* WHAT IS EXPECTED *
Return, exactly and in full, the lines of the records below starting at the one with "last-append [] t = refl" and ending at the one with "debug window ++", and no other lines.

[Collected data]
--- --- ---

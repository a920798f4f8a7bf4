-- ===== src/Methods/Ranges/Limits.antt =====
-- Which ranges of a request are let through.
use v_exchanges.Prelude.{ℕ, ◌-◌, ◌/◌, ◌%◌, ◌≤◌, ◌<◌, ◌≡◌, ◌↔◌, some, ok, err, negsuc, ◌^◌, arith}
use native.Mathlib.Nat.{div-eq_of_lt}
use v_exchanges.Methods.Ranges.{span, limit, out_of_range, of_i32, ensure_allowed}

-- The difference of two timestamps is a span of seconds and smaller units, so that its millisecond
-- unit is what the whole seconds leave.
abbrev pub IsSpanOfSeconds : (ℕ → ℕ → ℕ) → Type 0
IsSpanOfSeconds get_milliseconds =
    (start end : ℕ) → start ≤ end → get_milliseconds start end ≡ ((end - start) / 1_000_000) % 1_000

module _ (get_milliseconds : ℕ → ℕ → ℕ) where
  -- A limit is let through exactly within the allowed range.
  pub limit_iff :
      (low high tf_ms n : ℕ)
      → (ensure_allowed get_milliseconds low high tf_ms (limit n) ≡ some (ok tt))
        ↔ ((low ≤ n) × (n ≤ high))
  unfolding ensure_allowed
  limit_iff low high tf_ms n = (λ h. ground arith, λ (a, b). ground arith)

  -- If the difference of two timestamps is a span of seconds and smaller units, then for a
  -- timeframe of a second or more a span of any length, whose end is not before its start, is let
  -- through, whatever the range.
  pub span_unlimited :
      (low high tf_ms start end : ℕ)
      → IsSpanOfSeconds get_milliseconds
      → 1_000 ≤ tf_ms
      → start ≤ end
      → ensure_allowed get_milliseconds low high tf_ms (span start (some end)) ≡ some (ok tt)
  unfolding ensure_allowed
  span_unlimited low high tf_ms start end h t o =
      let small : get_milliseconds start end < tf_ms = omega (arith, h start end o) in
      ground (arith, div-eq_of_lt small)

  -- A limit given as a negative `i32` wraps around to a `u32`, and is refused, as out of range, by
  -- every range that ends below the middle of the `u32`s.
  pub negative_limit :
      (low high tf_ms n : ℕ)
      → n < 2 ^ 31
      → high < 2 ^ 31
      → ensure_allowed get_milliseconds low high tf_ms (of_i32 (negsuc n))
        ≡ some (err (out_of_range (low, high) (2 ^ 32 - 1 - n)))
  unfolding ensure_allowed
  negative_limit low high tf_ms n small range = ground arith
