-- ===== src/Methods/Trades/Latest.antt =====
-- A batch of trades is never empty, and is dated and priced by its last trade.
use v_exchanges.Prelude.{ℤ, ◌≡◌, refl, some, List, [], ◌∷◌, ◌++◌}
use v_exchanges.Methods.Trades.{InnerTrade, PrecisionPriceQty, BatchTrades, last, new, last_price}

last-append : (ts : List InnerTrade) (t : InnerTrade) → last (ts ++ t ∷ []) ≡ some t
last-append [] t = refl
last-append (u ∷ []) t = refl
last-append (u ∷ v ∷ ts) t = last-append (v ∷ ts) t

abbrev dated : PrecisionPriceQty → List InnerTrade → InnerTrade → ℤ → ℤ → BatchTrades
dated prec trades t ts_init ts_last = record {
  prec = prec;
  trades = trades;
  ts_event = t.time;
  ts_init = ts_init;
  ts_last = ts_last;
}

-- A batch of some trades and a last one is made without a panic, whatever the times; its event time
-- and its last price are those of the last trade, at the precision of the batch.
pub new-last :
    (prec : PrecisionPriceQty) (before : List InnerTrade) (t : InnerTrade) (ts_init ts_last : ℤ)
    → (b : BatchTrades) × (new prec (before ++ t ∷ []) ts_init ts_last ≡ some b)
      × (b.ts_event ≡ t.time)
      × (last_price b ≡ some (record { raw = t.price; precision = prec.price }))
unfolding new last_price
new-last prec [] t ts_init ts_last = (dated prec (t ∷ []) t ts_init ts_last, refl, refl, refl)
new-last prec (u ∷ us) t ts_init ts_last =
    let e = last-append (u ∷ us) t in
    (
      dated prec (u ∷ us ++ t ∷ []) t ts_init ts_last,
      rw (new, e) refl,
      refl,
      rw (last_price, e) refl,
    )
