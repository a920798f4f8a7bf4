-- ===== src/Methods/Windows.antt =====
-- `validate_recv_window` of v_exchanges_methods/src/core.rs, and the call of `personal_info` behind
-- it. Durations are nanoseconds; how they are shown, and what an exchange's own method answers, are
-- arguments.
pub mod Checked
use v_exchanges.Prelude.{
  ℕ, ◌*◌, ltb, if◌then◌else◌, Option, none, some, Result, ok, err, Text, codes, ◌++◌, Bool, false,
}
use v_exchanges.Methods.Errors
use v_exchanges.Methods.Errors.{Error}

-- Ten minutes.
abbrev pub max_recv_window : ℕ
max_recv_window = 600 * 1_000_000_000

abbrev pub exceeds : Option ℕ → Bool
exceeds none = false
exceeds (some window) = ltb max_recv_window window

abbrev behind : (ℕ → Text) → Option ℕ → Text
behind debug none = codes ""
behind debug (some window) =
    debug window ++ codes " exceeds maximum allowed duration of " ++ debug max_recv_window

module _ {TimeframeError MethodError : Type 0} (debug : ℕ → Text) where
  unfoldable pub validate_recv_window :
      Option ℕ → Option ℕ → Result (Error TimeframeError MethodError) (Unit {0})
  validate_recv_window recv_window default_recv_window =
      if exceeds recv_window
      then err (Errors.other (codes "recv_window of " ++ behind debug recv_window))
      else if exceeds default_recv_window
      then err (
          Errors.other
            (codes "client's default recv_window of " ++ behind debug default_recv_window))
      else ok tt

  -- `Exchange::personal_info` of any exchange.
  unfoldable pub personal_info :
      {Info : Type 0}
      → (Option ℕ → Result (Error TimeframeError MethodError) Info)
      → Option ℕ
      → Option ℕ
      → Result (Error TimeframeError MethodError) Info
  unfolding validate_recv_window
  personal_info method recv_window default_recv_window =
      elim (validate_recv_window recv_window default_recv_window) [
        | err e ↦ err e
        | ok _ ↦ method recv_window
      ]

--- --- ---

* EXPECTED OUTPUT *
last-append [] t = refl
last-append (u ∷ []) t = refl
last-append (u ∷ v ∷ ts) t = last-append (v ∷ ts) t

abbrev dated : PrecisionPriceQty → List InnerTrade → InnerTrade → ℤ → ℤ → BatchTrades
dated prec trades t ts_init ts_last = record {
  prec = prec;
  trades = trades;
  ts_event = t.time;
  ts_init = ts_init;
  ts_last = ts_last;
}

-- A batch of some trades and a last one is made without a panic, whatever the times; its event time
-- and its last price are those of the last trade, at the precision of the batch.
pub new-last :
    (prec : PrecisionPriceQty) (before : List InnerTrade) (t : InnerTrade) (ts_init ts_last : ℤ)
    → (b : BatchTrades) × (new prec (before ++ t ∷ []) ts_init ts_last ≡ some b)
      × (b.ts_event ≡ t.time)
      × (last_price b ≡ some (record { raw = t.price; precision = prec.price }))
unfolding new last_price
new-last prec [] t ts_init ts_last = (dated prec (t ∷ []) t ts_init ts_last, refl, refl, refl)
new-last prec (u ∷ us) t ts_init ts_last =
    let e = last-append (u ∷ us) t in
    (
      dated prec (u ∷ us ++ t ∷ []) t ts_init ts_last,
      rw (new, e) refl,
      refl,
      rw (last_price, e) refl,
    )
repository a920798f4f8a7bf4
-- ===== src/Methods/Windows.antt =====
-- `validate_recv_window` of v_exchanges_methods/src/core.rs, and the call of `personal_info` behind
-- it. Durations are nanoseconds; how they are shown, and what an exchange's own method answers, are
-- arguments.
pub mod Checked
use v_exchanges.Prelude.{
  ℕ, ◌*◌, ltb, if◌then◌else◌, Option, none, some, Result, ok, err, Text, codes, ◌++◌, Bool, false,
}
use v_exchanges.Methods.Errors
use v_exchanges.Methods.Errors.{Error}

-- Ten minutes.
abbrev pub max_recv_window : ℕ
max_recv_window = 600 * 1_000_000_000

abbrev pub exceeds : Option ℕ → Bool
exceeds none = false
exceeds (some window) = ltb max_recv_window window

abbrev behind : (ℕ → Text) → Option ℕ → Text
behind debug none = codes ""
behind debug (some window) =
    debug window ++ codes " exceeds maximum allowed duration of " ++ debug max_recv_window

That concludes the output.